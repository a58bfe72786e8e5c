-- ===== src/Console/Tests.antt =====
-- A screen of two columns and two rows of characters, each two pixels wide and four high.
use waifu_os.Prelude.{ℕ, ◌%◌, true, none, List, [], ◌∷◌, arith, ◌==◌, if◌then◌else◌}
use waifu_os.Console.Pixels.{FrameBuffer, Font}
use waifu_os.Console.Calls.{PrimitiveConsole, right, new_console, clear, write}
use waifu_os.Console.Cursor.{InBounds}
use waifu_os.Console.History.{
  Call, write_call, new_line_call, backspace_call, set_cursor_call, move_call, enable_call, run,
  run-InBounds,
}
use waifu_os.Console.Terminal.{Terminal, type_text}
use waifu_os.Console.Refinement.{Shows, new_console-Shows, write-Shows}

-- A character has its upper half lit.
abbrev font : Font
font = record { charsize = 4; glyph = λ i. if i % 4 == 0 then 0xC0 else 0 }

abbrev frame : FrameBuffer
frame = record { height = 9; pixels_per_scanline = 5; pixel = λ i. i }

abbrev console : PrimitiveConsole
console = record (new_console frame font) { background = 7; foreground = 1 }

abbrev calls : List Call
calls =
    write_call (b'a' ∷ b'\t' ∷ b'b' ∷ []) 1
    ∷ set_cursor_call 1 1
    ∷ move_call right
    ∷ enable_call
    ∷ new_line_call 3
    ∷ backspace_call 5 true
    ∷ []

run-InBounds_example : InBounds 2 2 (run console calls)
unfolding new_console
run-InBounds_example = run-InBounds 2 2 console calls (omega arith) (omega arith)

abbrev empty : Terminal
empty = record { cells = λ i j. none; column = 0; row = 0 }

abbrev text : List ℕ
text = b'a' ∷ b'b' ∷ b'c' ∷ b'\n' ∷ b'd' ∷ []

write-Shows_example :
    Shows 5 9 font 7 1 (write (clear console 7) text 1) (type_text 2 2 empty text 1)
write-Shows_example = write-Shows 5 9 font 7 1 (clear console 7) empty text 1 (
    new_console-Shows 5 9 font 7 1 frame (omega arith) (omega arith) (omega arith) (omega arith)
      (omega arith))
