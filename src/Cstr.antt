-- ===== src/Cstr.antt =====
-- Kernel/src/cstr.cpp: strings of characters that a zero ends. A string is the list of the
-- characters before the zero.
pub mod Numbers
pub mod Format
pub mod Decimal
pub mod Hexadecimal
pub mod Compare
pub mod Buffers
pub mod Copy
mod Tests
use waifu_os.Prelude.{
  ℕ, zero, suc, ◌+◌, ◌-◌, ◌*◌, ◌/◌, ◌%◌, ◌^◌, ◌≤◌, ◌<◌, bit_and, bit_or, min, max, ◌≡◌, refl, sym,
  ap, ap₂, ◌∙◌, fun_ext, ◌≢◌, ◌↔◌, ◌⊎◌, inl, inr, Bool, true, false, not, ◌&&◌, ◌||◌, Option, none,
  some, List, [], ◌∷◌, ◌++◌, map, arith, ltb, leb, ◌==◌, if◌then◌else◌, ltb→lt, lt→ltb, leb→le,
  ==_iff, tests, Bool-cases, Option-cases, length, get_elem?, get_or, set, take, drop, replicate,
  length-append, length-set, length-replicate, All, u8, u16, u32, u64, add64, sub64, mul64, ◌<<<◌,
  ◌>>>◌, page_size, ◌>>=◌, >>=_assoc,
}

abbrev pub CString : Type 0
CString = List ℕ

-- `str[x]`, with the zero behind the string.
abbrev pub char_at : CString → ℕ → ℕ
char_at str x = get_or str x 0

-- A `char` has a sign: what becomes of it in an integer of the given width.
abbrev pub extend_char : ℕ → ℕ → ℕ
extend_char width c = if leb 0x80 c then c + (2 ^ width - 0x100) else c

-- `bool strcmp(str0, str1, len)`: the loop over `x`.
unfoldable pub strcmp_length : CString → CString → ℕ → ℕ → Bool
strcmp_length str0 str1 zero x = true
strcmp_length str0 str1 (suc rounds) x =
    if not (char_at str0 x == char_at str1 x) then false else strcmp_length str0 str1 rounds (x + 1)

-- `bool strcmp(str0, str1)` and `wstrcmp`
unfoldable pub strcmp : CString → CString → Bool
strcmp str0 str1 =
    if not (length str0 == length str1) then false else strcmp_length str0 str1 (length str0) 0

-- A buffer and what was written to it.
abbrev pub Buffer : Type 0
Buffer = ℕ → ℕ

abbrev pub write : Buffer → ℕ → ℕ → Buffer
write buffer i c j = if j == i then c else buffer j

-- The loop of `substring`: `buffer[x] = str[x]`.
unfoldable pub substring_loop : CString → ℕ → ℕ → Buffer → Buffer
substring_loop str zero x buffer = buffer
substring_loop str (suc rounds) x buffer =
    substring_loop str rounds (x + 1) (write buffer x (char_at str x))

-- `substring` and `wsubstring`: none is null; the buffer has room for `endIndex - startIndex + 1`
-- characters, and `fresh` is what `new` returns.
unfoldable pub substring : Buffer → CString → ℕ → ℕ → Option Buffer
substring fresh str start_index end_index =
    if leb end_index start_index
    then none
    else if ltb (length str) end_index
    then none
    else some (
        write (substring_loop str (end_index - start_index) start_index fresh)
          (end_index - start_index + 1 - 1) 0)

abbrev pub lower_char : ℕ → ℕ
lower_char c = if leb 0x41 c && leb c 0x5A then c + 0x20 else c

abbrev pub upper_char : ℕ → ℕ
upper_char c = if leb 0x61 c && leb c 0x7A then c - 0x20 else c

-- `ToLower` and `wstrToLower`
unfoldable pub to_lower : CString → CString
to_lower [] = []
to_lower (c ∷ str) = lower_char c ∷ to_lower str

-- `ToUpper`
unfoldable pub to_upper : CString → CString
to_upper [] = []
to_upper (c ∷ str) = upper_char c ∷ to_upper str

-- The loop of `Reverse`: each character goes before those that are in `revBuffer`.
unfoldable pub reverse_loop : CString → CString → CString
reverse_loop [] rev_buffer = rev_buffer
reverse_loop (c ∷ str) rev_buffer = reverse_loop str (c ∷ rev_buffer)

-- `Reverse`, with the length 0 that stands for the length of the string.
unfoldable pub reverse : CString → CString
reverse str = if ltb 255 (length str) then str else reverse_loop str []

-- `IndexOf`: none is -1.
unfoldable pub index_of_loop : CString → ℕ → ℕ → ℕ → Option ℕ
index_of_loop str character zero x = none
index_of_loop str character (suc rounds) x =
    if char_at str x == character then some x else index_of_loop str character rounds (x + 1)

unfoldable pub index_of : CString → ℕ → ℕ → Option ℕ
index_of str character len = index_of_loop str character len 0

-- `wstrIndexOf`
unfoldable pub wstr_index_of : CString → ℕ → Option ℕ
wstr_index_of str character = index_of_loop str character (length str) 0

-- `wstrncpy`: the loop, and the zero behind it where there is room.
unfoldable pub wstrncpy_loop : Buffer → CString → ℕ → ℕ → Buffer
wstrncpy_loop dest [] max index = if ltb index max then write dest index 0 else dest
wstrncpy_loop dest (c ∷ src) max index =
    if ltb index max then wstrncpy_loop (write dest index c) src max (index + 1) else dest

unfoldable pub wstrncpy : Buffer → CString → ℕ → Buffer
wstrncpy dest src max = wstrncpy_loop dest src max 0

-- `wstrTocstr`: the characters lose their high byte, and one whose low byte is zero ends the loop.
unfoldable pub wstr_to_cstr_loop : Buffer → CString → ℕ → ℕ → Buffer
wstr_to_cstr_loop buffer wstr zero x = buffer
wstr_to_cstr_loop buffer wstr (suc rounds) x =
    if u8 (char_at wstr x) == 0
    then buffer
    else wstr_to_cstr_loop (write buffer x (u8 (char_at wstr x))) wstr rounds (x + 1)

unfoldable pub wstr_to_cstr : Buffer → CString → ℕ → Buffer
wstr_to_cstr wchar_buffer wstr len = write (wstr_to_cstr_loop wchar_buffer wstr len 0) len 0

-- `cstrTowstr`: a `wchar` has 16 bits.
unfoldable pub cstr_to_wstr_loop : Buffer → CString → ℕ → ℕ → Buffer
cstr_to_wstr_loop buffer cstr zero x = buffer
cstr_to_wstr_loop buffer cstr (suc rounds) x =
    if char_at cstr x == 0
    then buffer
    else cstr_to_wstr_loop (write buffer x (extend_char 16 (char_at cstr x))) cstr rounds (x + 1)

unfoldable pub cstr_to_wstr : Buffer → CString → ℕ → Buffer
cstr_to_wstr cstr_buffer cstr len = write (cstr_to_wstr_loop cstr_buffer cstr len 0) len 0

• **WHAT NEEDS TO BE DONE**
In the listing above, find the line with "the given width." and the line with "strcmp_length str0 str1 (suc"; output exactly those lines and all lines between them.

• **WRITTEN RESPONSE**
-- A `char` has a sign: what becomes of it in an integer of the given width.
abbrev pub extend_char : ℕ → ℕ → ℕ
extend_char width c = if leb 0x80 c then c + (2 ^ width - 0x100) else c

-- `bool strcmp(str0, str1, len)`: the loop over `x`.
unfoldable pub strcmp_length : CString → CString → ℕ → ℕ → Bool
strcmp_length str0 str1 zero x = true
strcmp_length str0 str1 (suc rounds) x =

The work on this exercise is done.